Second, conditional independence,
$$ D(y_{i1}, y_{i2}, ..., y_{iT} | X_i, v_i) = \prod_{i=1}^T D(y_{it} | X_i, v_i) $$
This means that the distribution of joint distriubtion of $y_{it}$'s can be modeled by each $y_{it}$ independently, given $X_i$ and $v_i$. We need this in most nonlinear cases, but not in linear case.
Then we need to specify $D(v_i) | X_i$. The random effect assumption is saying $$ D(v_i | X_i) = D(v_i) $$, that is, $v_i$ is independent of $X_i$. This is a strong assumption. We should try to avoid this assumption.
Now, most nonlinear models make the second assumption, in the panel setting, when we have $v_i$. That includes RE model, conditional logit.

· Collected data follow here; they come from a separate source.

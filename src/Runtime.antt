-- ===== src/Runtime.antt =====
-- src/qas/runtime.py: one tick of the supervisor.
pub mod Answers
pub mod Budgets
pub mod Evidence
pub mod Recovery
pub mod Artifacts
pub mod Tick
pub mod Loop
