-- ===== src/Runtime/Tick.antt =====
-- `tick` of src/qas/runtime.py.
pub mod Steps
pub mod Phases
pub mod Review
pub mod Handler
pub mod Run
pub mod Success
pub mod Verified
pub mod Delays
pub mod Released
pub mod Settled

However, that does not include pooled probit/logit, or CRE with pooled logit/probit. That is why Wooldridge recommend using CRE with pooled probit.
### Example 2
```{r}
#| label: fix2
#| cache: true
#| warning: false
#| message: false
# generate a binary outcome, high_homocide
castle2 <- castle2 |>
mutate(high_homicide = ifelse(l_homicide > mean(l_homicide, na.rm = TRUE), 1, 0))
# CRE pooled probit
cre_probit <- glm(high_homicide ~ poverty + poverty_mean + l_police + l_police_mean + factor(year), data = castle2, family = binomial(link = "probit"))
# Compute Average Marginal Effects (AMEs)
library(marginaleffects)
ame_cre_probit <- avg_slopes(cre_probit)
ame_cre_probit
# linear model
cre_lm <- lm(high_homicide ~ poverty + poverty_mean + l_police + l_police_mean + factor(year), data = castle2)
ame_lm <- avg_slopes(cre_lm)
ame_lm
# CRE RE probit
cre_re_probit <- glmer(high_homicide ~ poverty + poverty_mean + l_police + l_police_mean + factor(year) + (1 | state), data = castle2, family = binomial(link = "probit"))
ame_cre_re_probit <- avg_slopes(cre_re_probit)
ame_cre_re_probit
```
Ultimately we are interested in the partial effect, therefore we can compare across models. In this case, we should prefer average marginal effect by CRE pooled probit.